▶ Work item:
Only certain lines below are wanted: those starting at the line containing "moved = record" and ending at the line containing "(sym (key-Loaded loaded))", both included, each retyped exactly.

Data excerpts
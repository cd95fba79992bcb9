-- ===== src/Guarantees/Membership.antt =====
-- accept_invite, decline_invite and leave: each moves one membership along its state machine.
use rh_reclaw.Common.{◌≡◌, refl, sym, ◌∙◌, ap, subst, ℕ, String, Option, none, some, true, arith}
use rh_reclaw.Common.Rows.{key-find_row, find_row}
use rh_reclaw.Models.{
  Db, Conversation, state_eq, Participant, ParticipantStatus, participant_key, pair_eq,
}
use rh_reclaw.Session.{pure, ◌>>◌, commit, write, participant_row, set_participant}
use rh_reclaw.Session.Triple.{
  Spec, Spec-check, Spec-then, Spec-step, Spec-write, Spec-commit-pure, Checks-when, Checks-now,
}
use rh_reclaw.Service.Denials.{audit}
use rh_reclaw.Service.Membership.{accept_invite, decline_invite, leave}
use rh_reclaw.Board.Steps.{ParticipantStep, may_turn}
use rh_reclaw.Board.Integrity.{KnownConversation}
use rh_reclaw.Board.Known.{ParticipantKnown-row, participant_row-set_participant}
use rh_reclaw.Board.Writes.{Sound, Sound-with_audit, Sound-set_participant}
use rh_reclaw.Guarantees.Denials.{Denied, Recorded, Spec-audit, Fails-deny}
use rh_reclaw.Guarantees.Loading.{Loaded, Leads-load_for_transition}

-- The membership of the agent went from one status to another, and the trail says by what.
pub record Moved (actor_sub action : String) (base : Db) (conversation_id agent_id : ℕ)
    (from to : ParticipantStatus) (db : Db) : Type 0 where
  pub sound : Sound base db
  pub before :
      (p : Participant) × (participant_row conversation_id agent_id base ≡ some p)
      × (p.status ≡ from)
  pub after :
      (p : Participant) × (participant_row conversation_id agent_id db ≡ some p) × (p.status ≡ to)
  pub recorded : Recorded actor_sub action db

-- A loaded membership is found by its own key, which is the one that it was asked for by.
pub key-Loaded :
    {base db db' : Db} {conversation_id agent_id : ℕ} {x : Conversation × Participant}
    → Loaded base db conversation_id agent_id db' x
    → participant_key x.1 ≡ (conversation_id, agent_id)
key-Loaded {db'} {conversation_id} {agent_id} {x} loaded =
    key-find_row participant_key (conversation_id, agent_id) db'.participants x.1 loaded.participant

module _ {base db : Db} {conversation_id agent_id : ℕ} {x : Conversation × Participant}
    (loaded : Loaded base base conversation_id agent_id db x) (actor_sub action : String)
    (from to : ParticipantStatus) (joined_at : Option ℕ) (was : x.1.status ≡ from)
    (allowed : may_turn from to ≡ true) where
  abbrev moved : Participant
  moved = record x.1 { status = to; joined_at = joined_at }

  moved_step : ParticipantStep x.1 moved
  moved_step = record {
    role = refl;
    invited_by = refl;
    status = subst (λ a. may_turn a to ≡ true) (sym was) allowed;
    last_read_seq = omega arith;
  }

  by_key : participant_row x.1.conversation_id x.1.agent_id db ≡ some x.1
  by_key =
      subst (λ (k : ℕ × ℕ). find_row participant_key k db.participants ≡ some x.1)
        (sym (key-Loaded loaded)) loaded.participant

  -- What comes after the checks: the row is written, audited and committed.
  pub Spec-move :
      {A : Type 0} (a : A)
      → Spec base db
          (do
            write (set_participant moved)
            audit actor_sub action (some agent_id) (some x.0.id) none none
            commit
            pure a)
          (λ _ s. Moved actor_sub action base conversation_id agent_id from to s.committed)
          (Denied actor_sub base)
  Spec-move a =
      let known =
        ParticipantKnown-row loaded.sound.valid conversation_id agent_id x.1 loaded.participant in
      Spec-step (Spec-write _) λ _ _. Spec-audit λ at. Spec-commit-pure _ λ s saved.
        subst (Moved actor_sub action base conversation_id agent_id from to) (sym saved) (record {
          sound =
              Sound-with_audit (Sound-set_participant loaded.sound x.1 moved by_key moved_step) _
                known.0 (subst (KnownConversation db) (sym loaded.conversation_same_id) known.1) tt;
          before = (
            x.1,
            ap (find_row participant_key (conversation_id, agent_id)) (sym loaded.participants)
                ∙ loaded.participant,
            was,
          );
          after = (
            moved,
            subst
                (λ (k : ℕ × ℕ).
                  find_row participant_key k (set_participant moved db).participants ≡ some moved)
                (key-Loaded loaded) (participant_row-set_participant db x.1 moved by_key),
            refl,
          );
          recorded = record {
            newest = _;
            older = db.audit_log;
            trail = refl;
            actor_sub_eq = refl;
            action_eq = refl;
          };
        })

module _ {base : Db} (sound : Sound base base) (actor_sub : String)
    (agent_id conversation_id : ℕ) where
  pub Spec-accept_invite :
      Spec base base
        (accept_invite actor_sub agent_id conversation_id)
        (λ p s.
          Moved actor_sub "participant.accept" base conversation_id agent_id
            ParticipantStatus.invited ParticipantStatus.active s.committed)
        (Denied actor_sub base)
  unfolding accept_invite
  Spec-accept_invite =
      Spec-then
        (Leads-load_for_transition sound actor_sub agent_id conversation_id
          ParticipantStatus.invited)
        λ db x h.
          let known =
            ParticipantKnown-row h.0.sound.valid conversation_id agent_id x.1 h.0.participant in
          Spec-check
            (Checks-when λ closed.
              Fails-deny h.0.sound actor_sub _ (some agent_id) (some x.0.id) none known.0
                (subst (KnownConversation db) (sym h.0.conversation_same_id) known.1))
            λ _ still_open.
              Spec-check Checks-now
                λ t _. Spec-move h.0 actor_sub "participant.accept" _ _ (some t) h.1 refl _

  pub Spec-decline_invite :
      Spec base base
        (decline_invite actor_sub agent_id conversation_id)
        (λ _ s.
          Moved actor_sub "participant.decline_invite" base conversation_id agent_id
            ParticipantStatus.invited ParticipantStatus.declined s.committed)
        (Denied actor_sub base)
  unfolding decline_invite
  Spec-decline_invite =
      Spec-then
        (Leads-load_for_transition sound actor_sub agent_id conversation_id
          ParticipantStatus.invited)
        λ db x h. Spec-move h.0 actor_sub "participant.decline_invite" _ _ x.1.joined_at h.1 refl tt

  pub Spec-leave :
      Spec base base
        (leave actor_sub agent_id conversation_id)
        (λ _ s.
          Moved actor_sub "participant.leave" base conversation_id agent_id ParticipantStatus.active
            ParticipantStatus.left s.committed)
        (Denied actor_sub base)
  unfolding leave
  Spec-leave =
      Spec-then
        (Leads-load_for_transition sound actor_sub agent_id conversation_id
          ParticipantStatus.active)
        λ db x h. Spec-move h.0 actor_sub "participant.leave" _ _ x.1.joined_at h.1 refl tt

▶ Written response:
  moved = record x.1 { status = to; joined_at = joined_at }

  moved_step : ParticipantStep x.1 moved
  moved_step = record {
    role = refl;
    invited_by = refl;
    status = subst (λ a. may_turn a to ≡ true) (sym was) allowed;
    last_read_seq = omega arith;
  }

  by_key : participant_row x.1.conversation_id x.1.agent_id db ≡ some x.1
  by_key =
      subst (λ (k : ℕ × ℕ). find_row participant_key k db.participants ≡ some x.1)
        (sym (key-Loaded loaded)) loaded.participant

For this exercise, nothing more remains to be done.